Data entries
------------------------------
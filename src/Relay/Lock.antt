-- ===== src/Relay/Lock.antt =====
-- The lock of the pending requests: a response that comes after its client's time has run out takes
-- it for ever.
use smarthome_backend.Prelude.{
  ℕ, String, ◌≡◌, refl, ◌∙◌, nat_Eq, string_Eq, nat_eq_iff, true, false, ◌⊎◌, List, [], ◌∷◌, Option,
  none, some, some-injective, contains, arith, inl, inr, Option-cases,
}
use smarthome_backend.Prelude.Int.{ℤ}
use smarthome_backend.Prelude.Dict.{lookup, insert, lookup-insert}
use smarthome_backend.Json.{Value, null, num, str, Payload, Map}
use smarthome_backend.Json.Float.{Float64}
use smarthome_backend.Relay.{
  Reply, missing_id, offline, timed_out, response, Phase, sending, waiting, replied, Relay, Event,
  message, closed, request, enroll, timeout, fields_of, field_of, on_register, on_response, on_type,
  on_message, on_closed, on_request, on_enroll, on_timeout, step, run, continue, on_pending,
  deliver,
}

-- `t` comes from `s` with no response handed over, and the lock held.
record IsStuck (s t : Relay) : Type 0 where
  held : t.locked ≡ true
  answers :
      (c : ℕ) (status : ℤ) (body : Value)
      → lookup c t.phases ≡ some (replied (response status body))
      → lookup c s.phases ≡ some (replied (response status body))

abbrev answer : Option Phase → Option (ℤ × Value)
answer (some (replied (response status body))) = some (status, body)
answer _ = none

-- The response of an agent that a client has got.
unfoldable pub answer_of : Relay → ℕ → Option (ℤ × Value)
answer_of s c = answer (lookup c s.phases)

answer-cases :
    (o : Option Phase)
    → (answer o ≡ none)
      ⊎ ((status : ℤ) × (body : Value) × (o ≡ some (replied (response status body))))
answer-cases (some (replied (response status body))) = inr (status, body, refl)
answer-cases _ = inl refl

IsStuck-answer :
    (s t : Relay) (c : ℕ)
    → ((status : ℤ) (body : Value)
        → lookup c t.phases ≡ some (replied (response status body))
        → lookup c s.phases ≡ some (replied (response status body)))
    → (answer_of t c ≡ none) ⊎ (answer_of t c ≡ answer_of s c)
unfolding answer_of
IsStuck-answer s t c h = elim (answer-cases (lookup c t.phases)) [
  | inl absent ↦ inl absent
  | inr (status, body, e) ↦ inr (rw (e, h status body e) refl)
]

-- An agent's message leaves the phases alone while the lock is held.
register_keeps :
    (s : Relay) (conn : ℕ) (v : Value)
    → ((on_register s conn v).locked ≡ s.locked) × ((on_register s conn v).phases ≡ s.phases)
unfolding on_register
register_keeps s conn (str id) = (refl, refl)
register_keeps s conn _ = (refl, refl)

response_keeps :
    (s t : Relay) (conn : ℕ) (v status body : Value)
    → s.locked ≡ true
    → on_response s conn v status body ≡ some t
    → (t.locked ≡ true) × (t.phases ≡ s.phases)
unfolding on_response
response_keeps s t conn (str r) status body h e = ground arith
response_keeps s t conn null status body h e = ground arith
response_keeps s t conn _ status body h e = ground arith

type_keeps :
    (s t : Relay) (conn : ℕ) (m : Map) (v : Value)
    → s.locked ≡ true
    → on_type s conn m v ≡ some t
    → (t.locked ≡ true) × (t.phases ≡ s.phases)
unfolding on_type
type_keeps s t conn m (str type) h e = ground (
  arith,
  register_keeps s conn (field_of "id" m),
  response_keeps s t conn (field_of "reqId" m) (field_of "status" m) (field_of "body" m),
)
type_keeps s t conn m _ h e = ground arith

message-IsStuck :
    (s t : Relay) (conn : ℕ) (p : Payload)
    → s.locked ≡ true
    → on_message s conn p ≡ some t
    → IsStuck s t
unfolding on_message
message-IsStuck s t conn p h e =
    let kept = type_keeps s t conn (fields_of p) (field_of "type" (fields_of p)) h (ground arith) in
    record { held = kept.0; answers = λ c st b q. rw (← kept.1) q }

closed-IsStuck :
    (s t : Relay) (conn : ℕ) → s.locked ≡ true → on_closed s conn ≡ some t → IsStuck s t
unfolding on_closed
closed-IsStuck s t conn h e = record { held = ground arith; answers = λ c st b q. ground arith }

request-IsStuck : (s : Relay) (a r : String) → s.locked ≡ true → IsStuck s (on_request s a r)
unfolding on_request
request-IsStuck s a r h = record {
  held = ground arith;
  answers = λ c st b q. ground (
    arith,
    lookup-insert s.next c (replied missing_id) s.phases,
    lookup-insert s.next c (replied offline) s.phases,
    lookup-insert s.next c (sending r) s.phases,
  );
}

enroll-IsStuck :
    (s t : Relay) (client : ℕ) (o : Option Phase)
    → s.locked ≡ true
    → on_enroll s client o ≡ some t
    → IsStuck s t
unfolding on_enroll
enroll-IsStuck s t client (some (sending r)) h e = absurd (ground arith)
enroll-IsStuck s t client _ h e = cc

timeout-IsStuck :
    (s t : Relay) (client : ℕ) (o : Option Phase)
    → s.locked ≡ true
    → on_timeout s client o ≡ some t
    → IsStuck s t
unfolding on_timeout
timeout-IsStuck s t client (some waiting) h e = record {
  held = ground arith;
  answers = λ c st b q. ground (arith, lookup-insert client c (replied timed_out) s.phases);
}
timeout-IsStuck s t client _ h e = cc

step-IsStuck : (s t : Relay) (e : Event) → s.locked ≡ true → step s e ≡ some t → IsStuck s t
unfolding step
step-IsStuck s t (message conn p) h q = message-IsStuck s t conn p h q
step-IsStuck s t (closed conn) h q = closed-IsStuck s t conn h q
step-IsStuck s t (request a r) h q = rw (← some-injective _ _ q) (request-IsStuck s a r h)
step-IsStuck s t (enroll client) h q = enroll-IsStuck s t client _ h q
step-IsStuck s t (timeout client) h q = timeout-IsStuck s t client _ h q

pub continue-eq-some :
    (o : Option Relay) (k : Relay → Option Relay) {u : Relay}
    → continue o k ≡ some u
    → (t : Relay) × (o ≡ some t) × (k t ≡ some u)
continue-eq-some none k e = cc
continue-eq-some (some t) k e = (t, refl, e)

run-IsStuck : (s u : Relay) (es : List Event) → s.locked ≡ true → run s es ≡ some u → IsStuck s u
unfolding run
run-IsStuck s u [] h q = record {
  held = ground arith;
  answers = λ c st b a. rw (some-injective _ _ q) a;
}
run-IsStuck s u (e ∷ es) h q =
    let (t, first, rest) = continue-eq-some (step s e) (λ t. run t es) q in
    let stuck = step-IsStuck s t e h first in
    let later = run-IsStuck t u es stuck.held rest in
    record {
      held = later.held;
      answers = λ c st b a. stuck.answers c st b (later.answers c st b a);
    }

-- The response of an agent to the request `req_id`.
module _ (p : Payload) (req_id : String) (f : Float64) where
  pub record IsResponse : Type 0 where
    pub type : field_of "type" (fields_of p) ≡ str "response"
    pub request_id : field_of "reqId" (fields_of p) ≡ str req_id
    pub status : field_of "status" (fields_of p) ≡ num f

  -- A response to a request whose client does not wait locks.
  late_locks :
      (s : Relay) (conn client : ℕ) (reply : Reply)
      → IsResponse
      → contains conn s.stopped ≡ false
      → s.locked ≡ false
      → lookup req_id s.pending ≡ some client
      → lookup client s.phases ≡ some (replied reply)
      → on_message s conn p ≡ some (record s { stopped = conn ∷ s.stopped; locked = true })
  unfolding on_message on_type on_response on_pending deliver
  late_locks s conn client reply r open_ free listed gone =
      rw (open_, r.type, r.request_id, r.status, free, listed, gone)

  module _ (s : Relay) (conn client : ℕ) (r : IsResponse) (open_ : contains conn s.stopped ≡ false)
      (free : s.locked ≡ false) (listed : lookup req_id s.pending ≡ some client)
      (waits : lookup client s.phases ≡ some waiting) where
    abbrev expired : Relay
    expired = record s { phases = insert client (replied timed_out) s.phases }

    abbrev blocked : Relay
    blocked = record expired { stopped = conn ∷ s.stopped; locked = true }

    step-timeout : step s (timeout client) ≡ some expired
    unfolding step on_timeout
    step-timeout = rw waits refl

    step-late : step expired (message conn p) ≡ some blocked
    unfolding step
    step-late = late_locks expired conn client timed_out r open_ free listed (
        ground (
          arith,
          lookup-insert client client (replied timed_out) s.phases,
          nat_eq_iff client client,
        ))

    run-late : (es : List Event) → run s (timeout client ∷ message conn p ∷ es) ≡ run blocked es
    unfolding run
    run-late es = rw (step-timeout, step-late) refl

    -- Suppose that a client waits for the response to its request, no handler holds the lock of the
    -- pending requests, and the handler of the agent's connection still runs. Then the client's time
    -- can run out and the agent's response come after that, which takes the lock. Events after that
    -- are not possible in their order, or leave the lock taken and no client with a response of an
    -- agent that it did not have before.
    pub late_response_blocks :
        (es : List Event)
        → (run s (timeout client ∷ message conn p ∷ []) ≡ some blocked)
          × ((run s (timeout client ∷ message conn p ∷ es) ≡ none)
              ⊎ ((u : Relay) × (run s (timeout client ∷ message conn p ∷ es) ≡ some u)
                  × (u.locked ≡ true)
                  × ((c : ℕ) → (answer_of u c ≡ none) ⊎ (answer_of u c ≡ answer_of s c))))
    late_response_blocks es = (
      run-late [] ∙ unfold run in refl,
      elim (Option-cases (run blocked es)) [
        | inl impossible ↦ inl (run-late es ∙ impossible)
        | inr (u, q) ↦
            let stuck = run-IsStuck blocked u es refl q in
            inr (
              u,
              run-late es ∙ q,
              stuck.held,
              λ c. IsStuck-answer s u c λ st b a. ground (
                arith,
                lookup-insert client c (replied timed_out) s.phases,
                stuck.answers c st b a,
              ),
            )
      ],
    )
------------------------------
§ **Problem requirements**:
Only lines containing the string "next" belong in the answer; find them in the data above and copy them.

§ **Reply to the exercise**:
    lookup-insert s.next c (replied missing_id) s.phases,
    lookup-insert s.next c (replied offline) s.phases,
    lookup-insert s.next c (sending r) s.phases,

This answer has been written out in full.